# Ft Pickens 1-19



## aquatic argobull (Mar 2, 2009)

A friend and I went to Ft. Pickens on Saturday. Temp read 58 degrees on my computer and 64 on my dive buddies :blink: I know mine records the lowest temperature sensed, maybe his computer records an average?? Either way, it was the lowest temperature my computer has ever seen. It turned out to not be too bad of a dive. I had a 5mm farmer john with a hooded vest and I was quite comfortable. Vis was about 5-15 feet depending on depth, there was a very small muck layer at about 30-35 feet. Saw lots of spanish sardines schooling, juvenile black seabass, mutton snapper, pinfish, a few sheepshead and cowfish, but nothing out of the ordinary. 

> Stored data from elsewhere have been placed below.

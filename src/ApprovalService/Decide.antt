-- ===== src/ApprovalService/Decide.antt =====
-- When a decision is taken, and that it is taken once (approval_service.py).
use openmuse.Common.{
  ℕ, ◌<◌, String, Text, ◌≡◌, ◌≢◌, ◌⊎◌, inl, inr, true, some, [], ◌∷◌, ◌==◌, eq_iff, eq_refl, arith,
  lookup, insert, lookup-insert, ok, Bool-cases, Option-cases, Outcome-cases,
}
use openmuse.Runtime.{Runtime}
use openmuse.Approvals.{compare_digest}
use openmuse.ApprovalService.{
  ApprovalRequest, Table, restart, is_verdict, session_of, check_request, decide,
}

module _ (r : Runtime) (session_key : Text) where
  check_request-ok :
      (q : ApprovalRequest) (session : Text) (now : ℕ)
      → check_request r session_key q session now ≡ ok tt
      → (compare_digest session (session_of r session_key q.id q.expires_at) ≡ ok true)
        × (now < q.expires_at)
        × (q.status ≡ "pending")
  unfolding check_request
  check_request-ok q session now h =
      elim (Outcome-cases (compare_digest session (session_of r session_key q.id q.expires_at))) [
        | inr (x, e) ↦ absurd (ground (arith, e, h))
        | inl (b, e) ↦ (
          ground (arith, e, h),
          ground (arith, e, h),
          ground (arith, e, h, eq_iff q.status "pending"),
        )
      ]

  -- What a decision has checked, what it returns and what it stores.
  pub record Decided (t : Table) (id : String) (session : Text) (decision : String) (now : ℕ)
      (q' : ApprovalRequest) (t' : Table) : Type 0 where
    pub request : ApprovalRequest
    pub stored : lookup id t ≡ some request
    pub verdict : (decision ≡ "approved") ⊎ (decision ≡ "denied")
    pub authenticated :
        compare_digest session (session_of r session_key request.id request.expires_at) ≡ ok true
    pub unexpired : now < request.expires_at
    pub pending : request.status ≡ "pending"
    pub result : q' ≡ record request { status = decision }
    pub after : t' ≡ insert id (record request { status = decision }) t

  verdict-cases : (d : String) → is_verdict d ≡ true → (d ≡ "approved") ⊎ (d ≡ "denied")
  verdict-cases d h = ground (arith, eq_iff d "approved", eq_iff d "denied")

  -- A decision that is returned was on a stored request, still pending and not expired, by the
  -- holder of its session; the table then differs in that request's status alone.
  pub decide-Decided :
      (t t' : Table) (id : String) (session : Text) (decision : String) (now : ℕ)
      (q' : ApprovalRequest)
      → decide r session_key t id session decision now ≡ ok (q', t')
      → Decided t id session decision now q' t'
  unfolding decide
  decide-Decided t t' id session decision now q' h = elim (Option-cases (lookup id t)) [
    | inl e ↦ absurd (ground (arith, e, h))
    | inr (q, e) ↦ elim (Outcome-cases (check_request r session_key q session now)) [
      | inr (x, f) ↦ absurd (ground (arith, e, f, h))
      | inl (u, f) ↦
          let (signed, early, waits) = check_request-ok q session now f in
          record {
            request = q;
            stored = e;
            verdict = verdict-cases decision (ground (arith, e, f, h));
            authenticated = signed;
            unexpired = early;
            pending = waits;
            result = ground (arith, e, f, h);
            after = ground (arith, e, f, h);
          }
    ]
  ]

  -- A request is no longer pending, whichever way it was left so.
  abbrev pub IsClosed : Table → String → Type 0
  IsClosed t id = (q : ApprovalRequest) → lookup id t ≡ some q → q.status ≢ "pending"

  -- A closed request is never decided, by any session and at any time.
  closed-refused :
      (t : Table) (id : String) (session : Text) (decision : String) (now : ℕ)
      → IsClosed t id
      → (x : ApprovalRequest × Table) → decide r session_key t id session decision now ≢ ok x
  closed-refused t id session decision now closed (q', t') h =
      let d = decide-Decided t t' id session decision now q' h in
      closed d.request d.stored d.pending

  -- A closed request stays closed under decisions on any request.
  pub IsClosed-stays :
      (t t' : Table) (id other_id : String) (session : Text) (decision : String) (now : ℕ)
      (q' : ApprovalRequest)
      → IsClosed t id
      → decide r session_key t other_id session decision now ≡ ok (q', t')
      → IsClosed t' id
  IsClosed-stays t t' id other_id session decision now q' closed h q found =
      let d = decide-Decided t t' other_id session decision now q' h in
      let q'' : ApprovalRequest = record d.request { status = decision } in
      elim (Bool-cases (other_id == id)) [
        | inr other ↦
            closed q (ground (arith, d.after, found, other, lookup-insert other_id id q'' t))
        | inl same ↦
            absurd (closed d.request (ground (arith, d.stored, same, eq_iff other_id id)) d.pending)
      ]

  -- A request is decided at most once: after a decision on it every further one raises.
  pub decide_once :
      (t t' : Table) (id : String) (session session' : Text) (decision decision' : String)
      (now now' : ℕ) (q' : ApprovalRequest) (x : ApprovalRequest × Table)
      → decide r session_key t id session decision now ≡ ok (q', t')
      → decide r session_key t' id session' decision' now' ≢ ok x
  decide_once t t' id session session' decision decision' now now' q' x h =
      closed-refused t' id session' decision' now' closed x
    where
      closed : IsClosed t' id
      closed q found waits =
          let d = decide-Decided t t' id session decision now q' h in
          let q'' : ApprovalRequest = record d.request { status = decision } in
          let set : decision ≡ "pending" =
            ground (arith, d.after, found, waits, lookup-insert id id q'' t, eq_refl id) in
          elim d.verdict [
            | inl e ↦ ground (arith, eq_iff "approved" "pending", e, set)
            | inr e ↦ ground (arith, eq_iff "denied" "pending", e, set)
          ]

  restart-IsClosed : (t : Table) (id : String) → IsClosed (restart t) id
  unfolding restart lookup
  restart-IsClosed [] id q h e = cc
  restart-IsClosed ((j, x) ∷ t) id q h e = elim (Bool-cases (j == id)) [
    | inr other ↦ restart-IsClosed t id q (ground (arith, h, other)) e
    | inl same ↦
        ground (arith, h, e, same, eq_iff x.status "pending", eq_iff "interrupted" "pending")
  ]

  -- After a restart no request from before can be decided.
  pub restart_refuses :
      (t : Table) (id : String) (session : Text) (decision : String) (now : ℕ)
      (x : ApprovalRequest × Table)
      → decide r session_key (restart t) id session decision now ≢ ok x
  restart_refuses t id session decision now x =
      closed-refused (restart t) id session decision now (restart-IsClosed t id) x
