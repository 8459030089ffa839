-- ===== src/Policy.antt =====
-- src/openmuse/policy.py: which actions may run without a host approval. The approvals may be an
-- `ApprovalAuthority` or a `DelegatedAuthority`: whatever has a `verify`, as an interface.
pub mod Check
mod Tests
use openmuse.Common.{
  ℕ, String, Bool, true, false, ◌&&◌, Option, none, some, Text, Outcome, ok, err, if◌then◌else◌,
}
use openmuse.Models.{Action}

pub data Risk : Type 0 where
  read write represent money : Risk

-- `risk.value`
abbrev pub risk_value : Risk → String
risk_value read = "read"
risk_value write = "write"
risk_value represent = "represent"
risk_value money = "money"

pub record Decision : Type 0 where
  pub allowed : Bool
  pub reason : String

pub record Authority : Type 1 where
  pub State : Type 0
  pub verify : State → Action → Option Text → ℕ → Outcome Bool × State

pub record Policy (a : Authority) : Type 0 where
  pub allow_writes : Bool
  pub approvals : Option a.State

abbrev pub needs_approval : Risk → String
needs_approval read = "read action requires host approval"
needs_approval write = "write action requires host approval"
needs_approval represent = "represent action requires host approval"
needs_approval money = "money action requires host approval"

abbrev pub allow : String → Decision
allow reason = record { allowed = true; reason = reason }

abbrev pub deny : Risk → Decision
deny risk = record { allowed = false; reason = needs_approval risk }

abbrev pub is_read : Risk → Bool
is_read read = true
is_read _ = false

abbrev pub is_write : Risk → Bool
is_write write = true
is_write _ = false

module _ (a : Authority) where
  abbrev pub decide : Risk → Policy a → Outcome Bool × a.State → Outcome Decision × Policy a
  decide risk p (ok true, s) =
      (ok (allow "valid one-time approval"), record p { approvals = some s })
  decide risk p (ok false, s) = (ok (deny risk), record p { approvals = some s })
  decide risk p (err e, s) = (err e, record p { approvals = some s })

  -- `if self.approvals and self.approvals.verify(action, action.approval_token)`
  unfoldable pub ask : Policy a → Risk → Action → ℕ → Outcome Decision × Policy a
  ask p risk action now = elim p.approvals [
    | none ↦ (ok (deny risk), p)
    | some s ↦ decide risk p (a.verify s action action.approval_token now)
  ]

  unfoldable pub check : Policy a → Risk → Action → ℕ → Outcome Decision × Policy a
  check p risk action now =
      if is_read risk
      then (ok (allow "read-only action"), p)
      else if is_write risk && p.allow_writes
      then (ok (allow "writes enabled for this run"), p)
      else ask p risk action now
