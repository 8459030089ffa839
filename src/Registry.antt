-- ===== src/Registry.antt =====
-- src/openmuse/registry.py: the host's registry of tools. A descriptor is a copy of the manifest at
-- registration. A tool object is what the code reads of it: `name` and `risk` as `getattr` finds
-- them, its manifest, and `run`, which acts on the outside world `W`.
pub mod Laws
mod Tests
use openmuse.Common.{
  String, ◌≡◌, Bool, true, false, not, ◌&&◌, ◌||◌, Option, none, some, List, [], ◌∷◌, map, ◌==◌,
  if◌then◌else◌, Dict, lookup, insert, contains, Outcome, ok, err, value_error, ◌>>=◌, ◌>>◌,
  raise_if, or_raise,
}
use openmuse.Common.Json.{Json, Fields, get}
use openmuse.Policy.{Risk, risk_value}

pub record Tool (W : Type 0) : Type 0 where
  pub name : Option String
  pub risk : Option Risk
  pub manifest : Fields
  pub run : Fields → W → Outcome String × W

pub record RegisteredTool (W : Type 0) : Type 0 where
  pub tool : Tool W
  pub risk : Risk
  pub descriptor : Fields

abbrev pub is_text : Option Json → String → Bool
is_text (some (Json.str t)) s = t == s
is_text _ s = false

-- `schema is None or isinstance(schema, dict)`
abbrev pub is_schema : Option Json → Bool
is_schema none = true
is_schema (some Json.null) = true
is_schema (some (Json.obj fs)) = true
is_schema _ = false

module _ {W : Type 0} where
  -- The name and the risk that pass the first check of `add`.
  unfoldable pub identity : Tool W → Option (String × Risk)
  identity t = elim t.name [
    | none ↦ none
    | some name ↦ elim t.risk [
      | none ↦ none
      | some risk ↦ if name == "" then none else some (name, risk)
    ]
  ]

  unfoldable pub register :
      Dict (RegisteredTool W) → Tool W → String × Risk → Outcome (Dict (RegisteredTool W))
  register tools tool (name, risk) = do
    raise_if
        (not (is_text (get "name" tool.manifest) name)
          || not (is_text (get "risk" tool.manifest) (risk_value risk)))
        (value_error "tool manifest does not match its declared identity")
    raise_if (not (is_schema (get "schema" tool.manifest)))
        (value_error "tool schema must be an object")
    raise_if (contains name tools) (value_error "duplicate tool")
    ok (insert name (record { tool = tool; risk = risk; descriptor = tool.manifest }) tools)

  -- `ToolRegistry.add`
  unfoldable pub add : Dict (RegisteredTool W) → Tool W → Outcome (Dict (RegisteredTool W))
  add tools tool = do
    found ← or_raise (identity tool) (value_error "tool requires a name and valid risk")
    register tools tool found

  -- `ToolRegistry.__init__`
  unfoldable pub add_all :
      Dict (RegisteredTool W) → List (Tool W) → Outcome (Dict (RegisteredTool W))
  add_all tools [] = ok tools
  add_all tools (t ∷ ts) = do tools' ← add tools t; add_all tools' ts

  unfoldable pub descriptor : Dict (RegisteredTool W) → String → Option (RegisteredTool W)
  descriptor tools name = lookup name tools

  -- `ToolRegistry.get`
  unfoldable pub get_tool : Dict (RegisteredTool W) → String → Option (Tool W)
  get_tool tools name = elim (lookup name tools) [ none ↦ none | some e ↦ some e.tool ]

  unfoldable pub catalogue : Dict (RegisteredTool W) → List Fields
  catalogue tools = map (λ e. e.1.descriptor) tools
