-- ===== src/Lib.antt =====
-- The verification library of the flying-shuttle server, which keeps a document as a graph of bullets,
-- quotes and chapters in SQLite, edits it as an outline, and orders and stitches it into a text; and which
-- keeps the transcripts that the document quotes in a corpus of chunks, with their search index.
--
-- The parts and their files:
--   Model           the structs of internal/model.
--   Doc             the document store, internal/doc/sqlite.go and store.go. A database is a record of
--                   tables (Doc/Db), each a list of rows in insertion order; a method is a function
--                   from the database to a result and a database (Doc/Action), so what was committed
--                   before an error stays, and a transaction that fails leaves the database as it was.
--                   Doc/Nodes, Edges, Evidence, Threads, State, Snapshots and Branches hold the
--                   methods, named like the methods of SQLiteStore; Doc/Calls lists them as one type
--                   of calls. Doc/Stamp is the text of the created_at columns, which ORDER BY compares.
--   Dag             internal/dag: the search for cycles and the report (validate.go), the walks and
--                   the topological sort (traverse.go), the conditions on edges (condition.go) and the
--                   stitched manuscript (linearize.go).
--   Stitch          internal/stitch: the spans of a stitched text and the stub stitcher.
--   Outline         internal/outline: the forest of bullets (tree.go), the diff against a base
--                   (diff.go), and the service of edits and quotes (service.go).
--   Corpus          the corpus store, internal/corpus/sqlite.go, in the same way: the tables (Corpus/Db),
--                   the methods (Corpus/Chunks, Embeddings, Uploads) and the calls that write
--                   (Corpus/Calls). Chunks are only ever marked deleted.
--   Ingest          internal/ingest/transcript.go: sentences (Sentences) and chunks (Chunker).
--   Transcript      internal/transcript: windows of neighbouring chunks, and the list of files.
--   Pipeline        internal/pipeline: an upload from its file to its chunks (Pipeline/Run).
--   Indexer         internal/indexer: the backfill of vectors (Backfill), the snapshots of the search
--                   index as steps that interleave (Snapshots) and its reconciliation with the corpus at
--                   startup (Reconcile).
--   Search          internal/search: the keyword index (Bm25) and, with the passages and the vectors, the
--                   index that is written to (Hybrid); its answers are not modelled.
--   Export          internal/export/markdown.go: the manuscript or a thread as Markdown.
--   Web             internal/web/exits_handler.go: the handlers of a bullet's exits, without the
--                   reading of requests and the writing of pages (Exits); and evidence_stability.go, the
--                   snippets that stay as they are while the writer types (Stability).
--   Prelude, Text   shared helpers: Boolean tests, lists, integers, the stable sort of ORDER BY, rows
--                   without clashes, results with errors; texts as Go's strings package sees them.
--   Tests           the theorems applied at concrete documents, and runs of the definitions.
--
-- The pipeline (Pipeline) parses and chunks a file (Ingest) and stores the chunks (Corpus), the windows
-- (Transcript) and the indexer read them, and the excerpts of quotes (Outline) are cut from them. The two
-- databases share nothing but the ids of chunks.
--
-- The service (Outline) and the handlers (Web) call the store (Doc) and the graph (Dag) and keep no
-- state of their own, so the database is the whole state. The store has one connection, so a statement or a
-- transaction runs alone, and the model runs each method of the store so. Other calls can come between
-- the queries that some methods make before their transaction and the transaction itself: CreateBranch,
-- DeleteBranch, SwitchBranch, CreateSnapshot and RestoreSnapshot take what those queries have found as an
-- argument of its own. What UpdateBranch reads after its UPDATE, and the handlers and services, which call
-- several methods, are modelled without calls in between.
--
-- What the code draws from outside is an argument: the current time, the ids of uuid.NewString,
-- strings.EqualFold and ToLower, the stitcher, the content of an uploaded file, the embedder, the
-- graph of the vectors, and the search index where the pipeline and the backfill call it, as one
-- function. Times are nanoseconds. Go's int is the unbounded ℤ: weights, positions and offsets stay
-- far below 2^63.
--
-- The search for cycles recurses on fuel, one more than the number of edges, and the topological sort
-- takes as much as there are nodes and edges: a walk that visits no node twice takes each edge once, and
-- no node is popped twice. The conditional walk and the building of the tree take fuel from the sizes of
-- the tables in the same way. Each says so in its result when its fuel runs out; a request that meets a
-- search out of fuel is refused. The batches of GetChunksByIDs take fuel from the number of ids and the
-- paragraphs of a transcript from the number of its runes, of which each step takes one at least; the
-- passages of a chunk take theirs from the number of its tokens. The
-- drain of the backfill has no bound of its own, so its fuel is an argument.
--
-- A text is a sequence of code points, that is, valid UTF-8; what the server makes of other bytes is not
-- modelled.
--
-- Not modelled: failures of SQLite other than constraints (but for the calls whose errors an ingestion
-- ignores, Pipeline/Run), opening and migrating a database, foreign code
-- (SQLite, templates, embeddings, language models), pages and requests, the copying of uploaded files, and
-- the parts of the server that follow: the ranking of search results, the atlas, projects, working
-- documents and the rendering of files.
pub mod Prelude
pub mod Text
pub mod Model
pub mod Doc
pub mod Corpus
pub mod Ingest
pub mod Transcript
pub mod Pipeline
pub mod Search
pub mod Indexer
pub mod Stitch
pub mod Dag
pub mod Web
pub mod Outline
pub mod Export
pub mod Tests
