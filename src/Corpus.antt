-- ===== src/Corpus.antt =====
-- internal/corpus: the chunks of the transcripts, the uploads they come from, their timed segments
-- and a table of settings, over one SQLite connection.
pub mod Db
pub mod Chunks
pub mod Embeddings
pub mod Uploads
pub mod Calls
pub mod Valid
pub mod Kept
pub mod Reads
pub mod Pages
pub mod Settings
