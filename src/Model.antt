-- ===== src/Model.antt =====
-- internal/model: the records that the stores keep and that the graph and the outline read.
-- A time is a count of nanoseconds; an `int` that may be negative is a ℤ.
use flying_shuttle.Prelude.{ℕ, String, Bool, true, false, Option, List}
use flying_shuttle.Prelude.Int.{ℤ}

pub data NodeType : Type 0 where
  outline chunk_ref synth : NodeType

pub record Node : Type 0 where
  pub id : String
  pub type : NodeType
  pub title : String
  pub body : String
  pub labels : List (String × String)
  pub locked : Bool
  pub version : ℕ
  pub created_at : ℕ
  pub updated_at : ℕ

pub data EdgeType : Type 0 where
  linear branch jump : EdgeType

pub record Edge : Type 0 where
  pub id : String
  pub from_node : String
  pub to_node : String
  pub type : EdgeType
  pub condition : Option String
  pub weight : ℤ
  pub created_at : ℕ

pub record Evidence : Type 0 where
  pub id : String
  pub node_id : String
  pub chunk_id : String
  pub source_file : String
  pub char_start : ℤ
  pub char_end : ℤ
  pub text : String
  pub position : ℤ
  pub edited : Bool
  pub created_at : ℕ

-- A passage of a transcript, in the corpus. A nil embedding vector is `none`.
pub record Chunk : Type 0 where
  pub id : String
  pub source_file : String
  pub content : String
  pub start_offset : ℤ
  pub end_offset : ℤ
  pub speaker : Option String
  pub embedding_vec : Option (List ℕ)
  pub created_at : ℕ

pub data UploadStatus : Type 0 where
  pending transcribing done failed : UploadStatus

pub record Upload : Type 0 where
  pub id : String
  pub filename : String
  pub format : String
  pub size_bytes : ℤ
  pub status : UploadStatus
  pub error : String
  pub created_at : ℕ
  pub updated_at : ℕ

pub record TranscriptSegment : Type 0 where
  pub id : String
  pub upload_id : String
  pub speaker : String
  pub text : String
  pub start_ms : ℤ
  pub end_ms : ℤ
  pub created_at : ℕ

pub record Thread : Type 0 where
  pub id : String
  pub name : String
  pub description : String
  pub created_at : ℕ
  pub updated_at : ℕ

pub record ThreadNode : Type 0 where
  pub thread_id : String
  pub node_id : String
  pub position : ℤ

-- The association that snapshots older than the evidence table hold.
pub record NodeChunkAssoc : Type 0 where
  pub node_id : String
  pub chunk_id : String
  pub position : ℤ

pub record SnapshotData : Type 0 where
  pub nodes : List Node
  pub edges : List Edge
  pub threads : List Thread
  pub thread_nodes : List ThreadNode
  pub evidence : List Evidence
  pub node_chunks : List NodeChunkAssoc

pub record Snapshot : Type 0 where
  pub id : String
  pub label : String
  pub snapshot : SnapshotData
  pub created_at : ℕ

pub record SnapshotSummary : Type 0 where
  pub id : String
  pub label : String
  pub created_at : ℕ

pub record Branch : Type 0 where
  pub id : String
  pub name : String
  pub snapshot : SnapshotData
  pub active : Bool
  pub created_at : ℕ
  pub updated_at : ℕ

pub record BranchSummary : Type 0 where
  pub id : String
  pub name : String
  pub active : Bool
  pub created_at : ℕ
  pub updated_at : ℕ

abbrev pub is_linear : EdgeType → Bool
is_linear linear = true
is_linear branch = false
is_linear jump = false

abbrev pub is_outline : NodeType → Bool
is_outline outline = true
is_outline chunk_ref = false
is_outline synth = false

abbrev pub is_chunk_ref : NodeType → Bool
is_chunk_ref outline = false
is_chunk_ref chunk_ref = true
is_chunk_ref synth = false
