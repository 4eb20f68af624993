-- ===== src/Prelude/Result.antt =====
-- Errors as values: what an operation of the stores and services returns when it fails.
use Prim.Native.String.{String}
use mathlib.Core.List.{List, [], ◌∷◌}

-- `not_found`, `conflict` and `active_branch` are the sentinels of internal/doc/errors.go, `noop` that
-- of internal/outline/service.go; `constraint` is a statement that SQLite refuses; `missing_node` wraps
-- a failed lookup with the node's id, `unavailable` is a database that cannot carry a statement out, `stack_overflow` is a recursion without end, and the others are the
-- messages of their callers.
pub data Err : Type 0 where
  not_found conflict active_branch noop constraint : Err
  no_corpus cycle thread_required bad_request stack_overflow : Err
  no_segments wrong_count unavailable : Err
  missing_node : String → Err

pub data Result {ℓ} (A : Type ℓ) : Type ℓ where
  ok : A → Result A
  err : Err → Result A

infixl 5 ◌>>=◌
abbrev pub ◌>>=◌ {ℓ κ} : {A : Type ℓ} {B : Type κ} → Result A → (A → Result B) → Result B
ok a >>= f = f a
err e >>= f = err e

-- The rows of a list one after another, up to the first that is refused.
module _ {ℓ κ} {A : Type ℓ} {S : Type κ} (step : A → S → Result S) where
  unfoldable pub each : List A → S → Result S
  each [] s = ok s
  each (x ∷ xs) s = step x s >>= each xs
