-- ===== src/Doc/Db.antt =====
-- The tables of internal/doc/migrations and the SQL statements of internal/doc/sqlite.go over them.
-- A table is the list of its rows in insertion order, which is the order in which SQLite leaves rows
-- that ORDER BY ties. Primary keys, UNIQUE constraints and foreign keys (PRAGMA foreign_keys = ON) are
-- checked at each insert, and ON DELETE CASCADE is carried out. The one connection makes every method
-- run alone; a driver that fails for other reasons than a constraint is left out.
use flying_shuttle.Prelude.{
  String, Bool, not, ◌&&◌, ◌||◌, List, [], ◌∷◌, ◌++◌, map, any, select, ◌==◌, if◌then◌else◌,
}
use flying_shuttle.Prelude.Int.{eq_ℤ}
use flying_shuttle.Prelude.Result.{Result, ok, err, constraint, ◌>>=◌}
use flying_shuttle.Model.{Node, Edge, Evidence, Thread, ThreadNode, Snapshot, Branch}

-- An evidence row, and whether its created_at column was filled in by strftime.
pub record EvidenceRow : Type 0 where
  pub row : Evidence
  pub by_strftime : Bool

pub record Db : Type 0 where
  pub nodes : List Node
  pub edges : List Edge
  pub evidence : List EvidenceRow
  pub threads : List Thread
  pub thread_nodes : List ThreadNode
  pub snapshots : List Snapshot
  pub branches : List Branch

abbrev pub empty : Db
empty = record {
  nodes = [];
  edges = [];
  evidence = [];
  threads = [];
  thread_nodes = [];
  snapshots = [];
  branches = [];
}

module _ {ℓ} {A : Type ℓ} where
  -- INSERT, where `clash` is a violation of a key or of a UNIQUE constraint.
  abbrev pub insert_row : (A → A → Bool) → A → List A → Result (List A)
  insert_row clash x rows = if any (clash x) rows then err constraint else ok (rows ++ x ∷ [])

  -- DELETE … WHERE
  abbrev pub delete_where : (A → Bool) → List A → List A
  delete_where p rows = select (λ x. not (p x)) rows

  -- UPDATE … SET … WHERE
  abbrev pub update_where : (A → Bool) → (A → A) → List A → List A
  update_where p f rows = map (λ x. if p x then f x else x) rows

abbrev pub node_clash : Node → Node → Bool
node_clash a b = b.id == a.id

abbrev pub edge_clash : Edge → Edge → Bool
edge_clash a b = a.id == b.id || (a.from_node == b.from_node && a.to_node == b.to_node)

abbrev pub evidence_clash : EvidenceRow → EvidenceRow → Bool
evidence_clash a b = a.row.id == b.row.id

abbrev pub thread_clash : Thread → Thread → Bool
thread_clash a b = b.id == a.id

abbrev pub thread_node_clash : ThreadNode → ThreadNode → Bool
thread_node_clash a b =
    a.thread_id == b.thread_id && (a.node_id == b.node_id || eq_ℤ a.position b.position)

abbrev pub snapshot_clash : Snapshot → Snapshot → Bool
snapshot_clash a b = a.id == b.id

-- idx_branches_active allows one active row.
abbrev pub branch_clash : Branch → Branch → Bool
branch_clash a b = a.id == b.id || (a.active && b.active)

abbrev pub has_node : List Node → String → Bool
has_node nodes id = any (λ n. n.id == id) nodes

abbrev pub has_thread : List Thread → String → Bool
has_thread threads id = any (λ t. t.id == id) threads

unfoldable pub insert_node : Node → Db → Result Db
insert_node n db = insert_row node_clash n db.nodes >>= λ rows. ok (record db { nodes = rows })

unfoldable pub insert_edge : Edge → Db → Result Db
insert_edge e db =
    if has_node db.nodes e.from_node && has_node db.nodes e.to_node
    then insert_row edge_clash e db.edges >>= (λ rows. ok (record db { edges = rows }))
    else err constraint

unfoldable pub insert_thread : Thread → Db → Result Db
insert_thread t db =
    insert_row thread_clash t db.threads >>= λ rows. ok (record db { threads = rows })

unfoldable pub insert_thread_node : ThreadNode → Db → Result Db
insert_thread_node tn db =
    if has_thread db.threads tn.thread_id && has_node db.nodes tn.node_id
    then insert_row thread_node_clash tn db.thread_nodes
      >>= (λ rows. ok (record db { thread_nodes = rows }))
    else err constraint

unfoldable pub insert_evidence : EvidenceRow → Db → Result Db
insert_evidence e db =
    if has_node db.nodes e.row.node_id
    then insert_row evidence_clash e db.evidence >>= (λ rows. ok (record db { evidence = rows }))
    else err constraint

unfoldable pub insert_snapshot : Snapshot → Db → Result Db
insert_snapshot s db =
    insert_row snapshot_clash s db.snapshots >>= λ rows. ok (record db { snapshots = rows })

unfoldable pub insert_branch : Branch → Db → Result Db
insert_branch b db =
    insert_row branch_clash b db.branches >>= λ rows. ok (record db { branches = rows })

Came up to the surface to see a nice sunset.


----------



## coolbluestreak (Jun 27, 2011)

Nice picture!
Thanks for sharing the report!


----------



## JD7.62 (Feb 13, 2008)

Mutton Snapper?


----------



## aquatic argobull (Mar 2, 2009)

It looked like juvenile red snapper, but the guy shore fishing convinced me that they were mutton. Maybe they were reds.


----------



## jamesw21 (Feb 26, 2011)

Now that's a nice sunset.


----------